Why I Stopped Trusting Browser Multithreading Checks
Why production startup needs probing, fallback, and recovery.
Feature detection can say multithreading is supported, but only runtime validation, fallback paths, and recovery logic make browser-native analysis reliable.
When I started building browser-native chess analysis, I assumed multithreading support was a straightforward feature-detection problem.
If the browser exposed the right APIs, multithreaded Stockfish should work.
That assumption was clean, common, and wrong.
The original mental model
Most browser code follows a familiar rule: if the API exists, it is safe to use.
if ("IntersectionObserver" in window) {
// safe to use
}
I treated multithreaded engine startup the same way. If these checks passed, I expected startup to be reliable:
SharedArrayBufferexistscrossOriginIsolatedis true- Worker support is available
In theory, that stack should be enough.
In production, it was not.
What actually happened
Even with all capability signals present, startup could still fail.
Sometimes failure was obvious. Other times it was subtle:
- Workers initialized inconsistently
- The engine stalled after launch
- Behavior changed between environments with the same apparent support
- Certain startup and caching states produced hard-to-reproduce failures
From the outside, the browser looked fully compatible. At runtime, compatibility was conditional.
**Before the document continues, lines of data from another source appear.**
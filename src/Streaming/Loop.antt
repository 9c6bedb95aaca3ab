-- ===== src/Streaming/Loop.antt =====
-- streaming_worker.py: `shutdown`, and the `get` of `_rollout_worker_loop`.
use alpagym.Base.{
  ℕ, zero, suc, Bool, true, false, not, Option, none, some, List, [], ◌∷◌, if◌then◌else◌, get_elem?,
}
use alpagym.Streaming.State.{
  SharedPayloadState, RolloutJob, QueueItem, Settings, Worker, enqueue, write, set_result,
}

-- What a worker thread gets: nothing yet, or an item, which is the sentinel or a job.
pub data Taken (P E : Type 0) : Type 0 where
  blocked : Taken P E
  got : Option RolloutJob → Worker P E → Taken P E

module _ {P E : Type 0} where
  abbrev pub is_unresolved : Option (SharedPayloadState P E) → Bool
  is_unresolved none = false
  is_unresolved (some s) = not s.future_resolved

  -- The references in the index whose future is not resolved.
  unfoldable pub unresolved : List (SharedPayloadState P E) → List (ℕ × ℕ) → List ℕ
  unresolved states [] = []
  unresolved states ((_, ref) ∷ m) =
      let rest = unresolved states m in
      if is_unresolved (get_elem? states ref) then ref ∷ rest else rest

  abbrev failed_state : SharedPayloadState P E → SharedPayloadState P E
  failed_state s = record s { future_resolved = true; permanently_failed = true }

  abbrev pub mark_with : ℕ → Option (SharedPayloadState P E) → Worker P E → Worker P E
  mark_with ref none w = w
  mark_with ref (some s) w = write ref (failed_state s) w

  unfoldable pub mark_failed : List ℕ → Worker P E → Worker P E
  mark_failed [] w = w
  mark_failed (ref ∷ refs) w = mark_failed refs (mark_with ref (get_elem? w.states ref) w)

  unfoldable pub put_sentinels : ℕ → Worker P E → Worker P E
  unfolding enqueue
  put_sentinels zero w = w
  put_sentinels (suc n) w = put_sentinels n (enqueue 2 none w)

  unfoldable pub set_empty_results : List ℕ → Worker P E → Worker P E
  set_empty_results [] w = w
  set_empty_results (ref ∷ refs) w = set_empty_results refs (set_result ref [] w)

  -- `shutdown`
  unfoldable pub shutdown : Settings P → Worker P E → Worker P E
  unfolding unresolved mark_failed put_sentinels set_empty_results
  shutdown cfg w =
      let refs = unresolved w.states w.active in
      let closed = record (mark_failed refs (record w { closed = true })) { active = [] } in
      let drained = record closed { queue = [] } in
      set_empty_results refs (put_sentinels cfg.max_concurrent_rollouts drained)

  abbrev pub take_from : List QueueItem → Worker P E → Taken P E
  take_from [] w = blocked
  take_from (item ∷ rest) w = got item.job (record w { queue = rest })

  -- `self._rollout_job_queue.get()` in `_rollout_worker_loop`.
  unfoldable pub take_job : Worker P E → Taken P E
  take_job w = take_from w.queue w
The shift: startup is a system, not a check
I stopped treating startup as a single yes/no decision and started treating it as a layered system:
- Capability detection
- Runtime probing
- Fallback behavior
- Failure classification
- Recovery logic
Each layer handled a different failure mode.
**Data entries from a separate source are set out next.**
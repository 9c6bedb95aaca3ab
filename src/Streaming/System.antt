-- ===== src/Streaming/System.antt =====
-- streaming_worker.py: the worker with its pool of threads, as steps that interleave in any order.
use alpagym.Base.{
  ℕ, zero, suc, ◌+◌, ◌≡◌, Option, none, some, List, [], ◌∷◌, ◌++◌, ◌==◌, if◌then◌else◌, get_elem?,
}
use alpagym.Base.Outcome.{ok}
use alpagym.Streaming.State.{SharedPayloadState, RolloutJob, QueueItem, Settings, Worker, initial}
use alpagym.Streaming.Handlers.{submit_payload}
use alpagym.Streaming.Loop.{got, take_job}
use alpagym.Streaming.Threads.{
  Thread, pulled, running, landed, delivering, refilling, requeueing, giving_up, shared_of,
  advance_on, succeed_on, fail_on,
}

pub record System (P E : Type 0) : Type 0 where
  pub worker : Worker P E
  pub threads : List (Thread E)

abbrev pub without : {A : Type 0} → ℕ → List A → List A
without i [] = []
without zero (j ∷ l) = l
without (suc i) (j ∷ l) = j ∷ without i l

-- The k-th thread goes on.
abbrev pub moved : {P E : Type 0} → ℕ → List (Thread E) × Worker P E → System P E → System P E
moved k (more, w) y = record { worker = w; threads = more ++ without k y.threads }

pub data Step {P E : Type 0} (cfg : Settings P) (y : System P E) : System P E → Type 0 where
  submit :
      (p : P) (ref : ℕ) {w : Worker P E}
      → submit_payload cfg p y.worker ≡ ok (ref, w)
      → Step cfg y (record y { worker = w })
  pull :
      {job : RolloutJob} {w : Worker P E}
      → take_job y.worker ≡ got (some job) w
      → Step cfg y (record { worker = w; threads = pulled job ∷ y.threads })
  leave : {w : Worker P E} → take_job y.worker ≡ got none w → Step cfg y (record y { worker = w })
  succeed :
      (k : ℕ) {job : RolloutJob} (episode : E)
      → get_elem? y.threads k ≡ some (running job)
      → Step cfg y (moved k (succeed_on cfg job episode y.worker) y)
  fail :
      (k : ℕ) {job : RolloutJob} {s : SharedPayloadState P E}
      → get_elem? y.threads k ≡ some (running job)
      → get_elem? y.worker.states job.shared ≡ some s
      → Step cfg y (moved k (fail_on cfg job s y.worker) y)
  advance :
      (k : ℕ) {t : Thread E} {s : SharedPayloadState P E}
      → get_elem? y.threads k ≡ some t
      → get_elem? y.worker.states (shared_of t) ≡ some s
      → Step cfg y (moved k (advance_on cfg t s y.worker) y)

abbrev pub start : {P E : Type 0} → System P E
start = record { worker = initial; threads = [] }

-- The states that lead from one to another, and those that lead from the start.
pub data Steps {P E : Type 0} (cfg : Settings P) (y : System P E) : System P E → Type 0 where
  here : Steps cfg y y
  next : {z u : System P E} → Steps cfg y z → Step cfg z u → Steps cfg y u

abbrev pub Reach : {P E : Type 0} → Settings P → System P E → Type 0
Reach cfg y = Steps cfg start y

-- How many jobs of one payload are queued.
abbrev pub refers : ℕ → RolloutJob → ℕ
refers ref job = if job.shared == ref then 1 else 0

abbrev pub refers_item : ℕ → Option RolloutJob → ℕ
refers_item ref none = 0
refers_item ref (some job) = refers ref job

unfoldable pub queued : ℕ → List QueueItem → ℕ
queued ref [] = 0
queued ref (x ∷ q) = refers_item ref x.job + queued ref q

module _ {E : Type 0} where
  -- Whether the thread may still add an episode of its payload or put a job of it into the queue.
  unfoldable pub slot : Thread E → ℕ
  slot (delivering ref r) = 0
  slot (giving_up ref) = 0
  slot t = 1

  -- Whether the thread owes its payload the result, or the reset of `future_resolved`.
  unfoldable pub owner : Thread E → ℕ
  owner (pulled job) = 0
  owner (running job) = 0
  owner (landed job e) = 0
  owner (refilling job scene) = 0
  owner (requeueing job scene) = 0
  owner t = 1

  unfoldable pub slots : ℕ → List (Thread E) → ℕ
  slots ref [] = 0
  slots ref (t ∷ l) = (if shared_of t == ref then slot t else 0) + slots ref l

  unfoldable pub owners : ℕ → List (Thread E) → ℕ
  owners ref [] = 0
  owners ref (t ∷ l) = (if shared_of t == ref then owner t else 0) + owners ref l

abbrev pub outstanding : {P E : Type 0} → ℕ → System P E → ℕ
outstanding ref y = queued ref y.worker.queue + slots ref y.threads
1) Capability detection is necessary, not sufficient
The baseline checks still matter. Without SharedArrayBuffer, cross-origin isolation, and workers, multithreading is not possible.
But those checks only answer: Could this work?
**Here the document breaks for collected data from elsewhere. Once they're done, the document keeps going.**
-- ===== src/Streaming/Owners.antt =====
-- streaming_worker.py: who owes a payload its result, and how many of its jobs are on their way.
use alpagym.Base.{
  ℕ, zero, suc, ◌+◌, ◌≤◌, ◌≡◌, ◌≢◌, refl, sym, ap, subst, ◌∙◌, Bool, true, false, ◌⊎◌, inl, inr,
  Option, none, some, List, [], ◌∷◌, ◌++◌, All, arith, ◌==◌, if◌then◌else◌, get_elem?, set, length,
  length-set, get_elem?-set, lt_of_get_elem?,
}
use alpagym.Streaming.State.{SharedPayloadState, Settings, Worker}
use alpagym.Streaming.Threads.{Thread, delivering, shared_of}
use alpagym.Streaming.System.{
  System, without, moved, queued, slot, owner, slots, owners, outstanding,
}

module _ {E : Type 0} where
  -- A payload whose flag is down has no result, and no thread owes it one. One whose flag is up has a
  -- result, of `n` episodes or of none, or else exactly one thread owes it one.
  unfoldable pub OwnedAt : Bool → Option (List E) → (n o : ℕ) → Type 0
  OwnedAt false none n o = o ≡ 0
  OwnedAt false (some r) n o = ⊥
  OwnedAt true none n o = o ≡ 1
  OwnedAt true (some r) n o = (o ≡ 0) × ((length r ≡ n) ⊎ (r ≡ []))

  -- A result on its way has `n` episodes.
  unfoldable pub Sized : ℕ → Thread E → Type 0
  Sized n (delivering ref r) = length r ≡ n
  Sized n t = Unit

  pub slots-without :
      (ref k : ℕ) (l : List (Thread E)) {t : Thread E}
      → get_elem? l k ≡ some t
      → slots ref l ≡ (if shared_of t == ref then slot t else 0) + slots ref (without k l)
  unfolding slots
  slots-without ref k [] h = absurd (cc h)
  slots-without ref zero (j ∷ l) {t} h = let e : j ≡ t = cc h in rw e refl
  slots-without ref (suc k) (j ∷ l) h = omega (arith, slots-without ref k l h)

  owners-without :
      (ref k : ℕ) (l : List (Thread E)) {t : Thread E}
      → get_elem? l k ≡ some t
      → owners ref l ≡ (if shared_of t == ref then owner t else 0) + owners ref (without k l)
  unfolding owners
  owners-without ref k [] h = absurd (cc h)
  owners-without ref zero (j ∷ l) {t} h = let e : j ≡ t = cc h in rw e refl
  owners-without ref (suc k) (j ∷ l) h = omega (arith, owners-without ref k l h)

  -- What a thread owes is counted.
  pub owner_here :
      (ref k : ℕ) (l : List (Thread E)) {t : Thread E}
      → get_elem? l k ≡ some t
      → shared_of t ≡ ref
      → (o : ℕ) × (owners ref l ≡ owner t + o)
  owner_here ref k l h e = (owners ref (without k l), ground (arith, owners-without ref k l h, e))

  slots-append : (ref : ℕ) (k l : List (Thread E)) → slots ref (k ++ l) ≡ slots ref k + slots ref l
  unfolding slots
  slots-append ref [] l = omega arith
  slots-append ref (t ∷ k) l = omega (arith, slots-append ref k l)

  owners-append :
      (ref : ℕ) (k l : List (Thread E)) → owners ref (k ++ l) ≡ owners ref k + owners ref l
  unfolding owners
  owners-append ref [] l = omega arith
  owners-append ref (t ∷ k) l = omega (arith, owners-append ref k l)

  All-without :
      (Q : Thread E → Type 0) (k : ℕ) (l : List (Thread E)) → All Q l → All Q (without k l)
  All-without Q k [] a = a
  All-without Q zero (t ∷ l) a = a.1
  All-without Q (suc k) (t ∷ l) a = (a.0, All-without Q k l a.1)

  All-join : (Q : Thread E → Type 0) (k l : List (Thread E)) → All Q k → All Q l → All Q (k ++ l)
  All-join Q [] l a b = b
  All-join Q (t ∷ k) l a b = (a.0, All-join Q k l a.1 b)

  pub All-at :
      (Q : Thread E → Type 0) (k : ℕ) (l : List (Thread E)) {t : Thread E}
      → All Q l
      → get_elem? l k ≡ some t
      → Q t
  All-at Q k [] a h = absurd (cc h)
  All-at Q zero (j ∷ l) {t} a h = let e : j ≡ t = cc h in subst Q e a.0
  All-at Q (suc k) (j ∷ l) a h = All-at Q k l a.1 h

module _ {P E : Type 0} where
  abbrev pub Owned : ℕ → SharedPayloadState P E → Type 0
  Owned o s = OwnedAt s.future_resolved s.future s.n_target o

  -- What a step of a thread does, with the state `s` that the thread works on.
  pub record Moves (t : Thread E) (w : Worker P E) (s : SharedPayloadState P E)
      (more : List (Thread E)) (w' : Worker P E) : Type 0 where
    pub state : SharedPayloadState P E
    pub states : w'.states ≡ set w.states (shared_of t) state
    pub target : state.n_target ≡ s.n_target
    pub others :
        (i : ℕ)
        → shared_of t ≢ i
        → (owners i more ≡ 0) × (queued i w'.queue + slots i more ≤ queued i w.queue)
    pub owned : (o : ℕ) → Owned (owner t + o) s → Owned (owners (shared_of t) more + o) state
    pub room :
        length state.collected + (queued (shared_of t) w'.queue + slots (shared_of t) more)
        ≤ length s.collected + (queued (shared_of t) w.queue + slot t)
    pub sized : Sized s.n_target t → All (Sized s.n_target) more
    pub errors : w'.invalid_state_errors ≡ w.invalid_state_errors

module _ {P E : Type 0} (cfg : Settings P) where
  pub record IsConserved (y : System P E) : Type 0 where
    pub owned :
        (i : ℕ) (s : SharedPayloadState P E)
        → get_elem? y.worker.states i ≡ some s
        → Owned (owners i y.threads) s
    pub room :
        (i : ℕ) (s : SharedPayloadState P E)
        → get_elem? y.worker.states i ≡ some s
        → length s.collected + outstanding i y ≤ cfg.rollouts_per_payload
    pub targets :
        (i : ℕ) (s : SharedPayloadState P E)
        → get_elem? y.worker.states i ≡ some s
        → s.n_target ≡ cfg.rollouts_per_payload
    pub fresh : (i : ℕ) → length y.worker.states ≤ i → owners i y.threads + outstanding i y ≡ 0
    pub sized : All (Sized cfg.rollouts_per_payload) y.threads
    pub errors : y.worker.invalid_state_errors ≡ 0

  module _ (y : System P E) (c : IsConserved y) (k : ℕ) {t : Thread E}
      (at : get_elem? y.threads k ≡ some t) (s : SharedPayloadState P E)
      (here_is : get_elem? y.worker.states (shared_of t) ≡ some s) (more : List (Thread E))
      (w : Worker P E) (m : Moves t y.worker s more w) where
    abbrev after : System P E
    after = moved k (more, w) y

    owners_self :
        (o : ℕ)
        → owners (shared_of t) y.threads ≡ o
        → Owned (owners (shared_of t) after.threads) m.state
    owners_self o e =
        subst (λ n. Owned n m.state) (sym (owners-append (shared_of t) more (without k y.threads)))
          (m.owned (owners (shared_of t) (without k y.threads)) (
            subst (λ n. Owned n s) (ground (arith, owners-without (shared_of t) k y.threads at))
              (c.owned (shared_of t) s here_is)))

    other_counts :
        (i : ℕ)
        → shared_of t ≢ i
        → (owners i after.threads ≡ owners i y.threads) × (outstanding i after ≤ outstanding i y)
    other_counts i h =
        let (o, q) = m.others i h in
        (
          ground (
            arith,
            o,
            owners-append i more (without k y.threads),
            owners-without i k y.threads at,
            h,
          ),
          ground (
            arith,
            q,
            slots-append i more (without k y.threads),
            slots-without i k y.threads at,
            h,
          ),
        )

    room_self :
        length m.state.collected + outstanding (shared_of t) after ≤ cfg.rollouts_per_payload
    room_self = ground (
      arith,
      m.room,
      slots-append (shared_of t) more (without k y.threads),
      slots-without (shared_of t) k y.threads at,
      c.room (shared_of t) s here_is,
    )

    state_after :
        (i : ℕ)
        → get_elem? w.states i
          ≡ (if shared_of t == i then some m.state else get_elem? y.worker.states i)
    state_after i = rw m.states (
        get_elem?-set y.worker.states (shared_of t) i m.state
          (lt_of_get_elem? y.worker.states (shared_of t) here_is))

    state_cases :
        (i : ℕ) {u : SharedPayloadState P E}
        → get_elem? w.states i ≡ some u
        → (shared_of t ≡ i) × (m.state ≡ u)
          ⊎ (shared_of t ≢ i) × (get_elem? y.worker.states i ≡ some u)
    state_cases i e = ground (arith, state_after i)

    pub moved-IsConserved : IsConserved after
    moved-IsConserved = record {
      owned = λ i u e. elim (state_cases i e) [
        | inl (p, q) ↦
            subst (λ n. Owned (owners n after.threads) u) p
              (subst (λ v. Owned (owners (shared_of t) after.threads) v) q (owners_self _ refl))
        | inr (p, q) ↦ rw (other_counts i p).0 (c.owned i u q)
      ];
      room = λ i u e. elim (state_cases i e) [
        | inl (p, q) ↦
            subst (λ n. length u.collected + outstanding n after ≤ cfg.rollouts_per_payload) p
              (subst
                (λ (v : SharedPayloadState P E).
                  length v.collected + outstanding (shared_of t) after ≤ cfg.rollouts_per_payload)
                q room_self)
        | inr (p, q) ↦ omega (arith, (other_counts i p).1, c.room i u q)
      ];
      targets = λ i u e. elim (state_cases i e) [
        | inl (p, q) ↦
            sym (ap (λ (v : SharedPayloadState P E). v.n_target) q)
            ∙ m.target
            ∙ c.targets (shared_of t) s here_is
        | inr (p, q) ↦ c.targets i u q
      ];
      fresh = λ i h.
          let far : length y.worker.states ≤ i =
            omega (arith, ap length m.states, length-set y.worker.states (shared_of t) m.state) in
          let apart : shared_of t ≢ i =
            λ p. omega (arith, p, far, lt_of_get_elem? y.worker.states (shared_of t) here_is) in
          let (o, q) = other_counts i apart in omega (arith, o, q, c.fresh i far);
      sized =
          let n = c.targets (shared_of t) s here_is in
          All-join (Sized cfg.rollouts_per_payload) more (without k y.threads)
            (subst (λ j. All (Sized j) more) n
              (m.sized (
                subst (λ j. Sized j t) (sym n)
                  (All-at (Sized cfg.rollouts_per_payload) k y.threads c.sized at))))
            (All-without (Sized cfg.rollouts_per_payload) k y.threads c.sized);
      errors = m.errors ∙ c.errors;
    }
They do not answer: Will this work reliably right now?
2) Probe the engine, do not just trust the browser
After startup, the engine runs a short validation search.
If the probe behaves correctly, multithreaded mode is accepted. If the probe fails or looks unstable, the system falls back.
This validates runtime behavior directly instead of trusting capability signals as proof.
3) Fallback is part of the design, not an edge case
Even in capable environments, startup can fail for reasons outside normal feature checks.
So startup always includes a deterministic fallback path:
try multithreaded startup
↓
run probe validation
↓
success -> continue in multithread mode
failure -> switch to single-thread mode
Single-thread analysis is slower, but it preserves reliability and continuity.
4) Failure modes need distinct handling
Different failures should not collapse into one generic error.
In practice, startup improved once failures were classified explicitly:
- Offline and engine assets not cached
- Engine runtime script failed to load
- Multithread probe failed
- Generic initialization failure
This improved both user messaging and operational debugging.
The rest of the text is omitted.